Pollack A, Zagars G K, Rosen I I
Department of Radiation Oncology and Radiation Physics, The University of Texas M.D. Anderson Cancer Center, Houston 77030, USA.
Semin Oncol. 1999 Apr;26(2):150-61.
Technological advances in treatment delivery and planning have provided the backdrop for an unprecedented number of options in the treatment of prostate cancer with radiotherapy. The more common choices include classical external-beam radiotherapy, external-beam radiotherapy using three-dimensional treatment planning and conformal radiotherapy (3DCRT), ultrasound-guided transperineal implant monotherapy alone or in combination with external-beam radiotherapy, and intensity-modulated radiotherapy (IMRT) techniques.

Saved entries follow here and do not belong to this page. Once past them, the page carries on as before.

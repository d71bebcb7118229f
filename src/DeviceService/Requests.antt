-- ===== src/DeviceService/Requests.antt =====
-- The route app/domains/devices/router.py with the schemas of app/domains/devices/schemas.py: the
-- checks of a body, and the answer. The order of floats is a parameter.
use Prim.Native.String.{len}
use geo_device.Prelude.{
  ℕ, ◌+◌, Bool, true, ◌&&◌, Option, none, some, List, [], ◌∷◌, String, length, leb, if◌then◌else◌,
}
use geo_device.Errors.{Exn, JsonResponse, app_error, app_exception_handler}
use geo_device.Exec.{Exec, pure, raise, try_except, ◌>>=◌}
use geo_device.Pings.{Float, Offset, Datetime, Formats}
use geo_device.Routes.{max_id_length}
use geo_device.Services.{Redis}
use geo_device.Settings.{IngestSettings}
use geo_device.Trace.{Run}
use geo_device.DeviceService.{LocationRequest, LocationAcceptedResponse, save_points}

-- A point as it comes, with the types of its fields already checked.
pub record PointBody : Type 0 where
  pub device_id : String
  pub lat : Float
  pub lon : Float
  pub recorded_at : Option Datetime

-- 90.0 and 180.0, and -90.0 and -180.0
abbrev pub latitude_min : Float
latitude_min = record { bits = 13_859_405_640_767_635_456 }

abbrev pub latitude_max : Float
latitude_max = record { bits = 4_636_033_603_912_859_648 }

abbrev pub longitude_min : Float
longitude_min = record { bits = 13_863_909_240_395_005_952 }

abbrev pub longitude_max : Float
longitude_max = record { bits = 4_640_537_203_540_230_144 }

abbrev pub utc : Offset
utc = record { seconds_east = 0; seconds_west = 0 }

-- `value if value.tzinfo else value.replace(tzinfo=UTC)`
unfoldable pub ensure_tz : Datetime → Datetime
ensure_tz value = elim value.tzinfo [
  | none ↦ record value { tzinfo = some utc }
  | some offset ↦ value
]

-- A point without a time gets the reading `now` of the clock, in UTC.
unfoldable pub recorded_or_now : ℕ → Option Datetime → Datetime
unfolding ensure_tz
recorded_or_now now none = record { wall = now; tzinfo = some utc }
recorded_or_now now (some value) = ensure_tz value

-- `min_length` and `max_length` of `DeviceId`
unfoldable pub is_device_id : String → Bool
is_device_id device_id = leb 1 (len device_id) && leb (len device_id) max_id_length

module _ (le : Float → Float → Bool) where
  unfoldable pub is_latitude : Float → Bool
  is_latitude lat = le latitude_min lat && le lat latitude_max

  unfoldable pub is_longitude : Float → Bool
  is_longitude lon = le longitude_min lon && le lon longitude_max

  unfoldable pub validate_point : ℕ → PointBody → Option LocationRequest
  unfolding is_device_id is_latitude is_longitude recorded_or_now
  validate_point now body =
      if (is_device_id body.device_id && is_latitude body.lat) && is_longitude body.lon
      then some (record {
        device_id = body.device_id;
        lat = body.lat;
        lon = body.lon;
        recorded_at = recorded_or_now now body.recorded_at;
      })
      else none

  abbrev pub cons_if :
      Option LocationRequest → Option (List LocationRequest) → Option (List LocationRequest)
  cons_if none points = none
  cons_if (some point) none = none
  cons_if (some point) (some points) = some (point ∷ points)

  -- The clock is read for each point, `i` being its place in the body.
  unfoldable pub validate_points : (ℕ → ℕ) → ℕ → List PointBody → Option (List LocationRequest)
  unfolding validate_point
  validate_points now i [] = some []
  validate_points now i (body ∷ bodies) =
      cons_if (validate_point (now i) body) (validate_points now (i + 1) bodies)

  -- `LocationBatchRequest`
  unfoldable pub validate_batch :
      IngestSettings → (ℕ → ℕ) → List PointBody → Option (List LocationRequest)
  unfolding validate_points
  validate_batch settings now bodies =
      if leb 1 (length bodies) && leb (length bodies) settings.max_http_batch_size
      then validate_points now 0 bodies
      else none

-- The answer: 202, that of an `AppError`, or 422.
pub data Response : Type 0 where
  accepted : LocationAcceptedResponse → Response
  refused : JsonResponse → Response
  unprocessable : Response

module _ {W : Type 0} where
  -- The handler that `register_exception_handler` registers.
  unfoldable pub answer_error : Exn → Exec (Run W) Response
  unfolding pure raise app_exception_handler
  answer_error (app_error exc) = pure (refused (app_exception_handler exc))
  answer_error e = raise e

  module _ (redis : Redis W) (formats : Formats) (settings : IngestSettings)
      (le : Float → Float → Bool) where
    unfoldable pub ingest_valid : Option (List LocationRequest) → Exec (Run W) Response
    unfolding pure try_except save_points answer_error ◌>>=◌
    ingest_valid none = pure unprocessable
    ingest_valid (some points) =
        try_except (do r ← save_points redis formats settings points; pure (accepted r)) (λ e. true)
          answer_error

    unfoldable pub ingest_batch : (ℕ → ℕ) → List PointBody → Exec (Run W) Response
    unfolding ingest_valid validate_batch
    ingest_batch now bodies = ingest_valid (validate_batch le settings now bodies)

This chapter reviews the data from these methods with an emphasis on dose escalation, provides comparisons with prostate-specific antigen (PSA)-era radical prostatectomy series where appropriate, and highlights future initiatives designed to further improve outcome.
治疗实施和治疗计划方面的技术进步为前列腺癌放射治疗提供了前所未有的大量选择。较常见的选择包括传统外照射放疗、使用三维治疗计划的外照射放疗和适形放疗(3DCRT)、超声引导经会阴植入单药治疗或与外照射放疗联合、以及调强放疗(IMRT)技术。本章回顾这些方法的数据,重点是剂量递增,在适当之处与前列腺特异性抗原(PSA)时代的根治性前列腺切除术系列进行比较,并强调旨在进一步改善治疗结果的未来举措。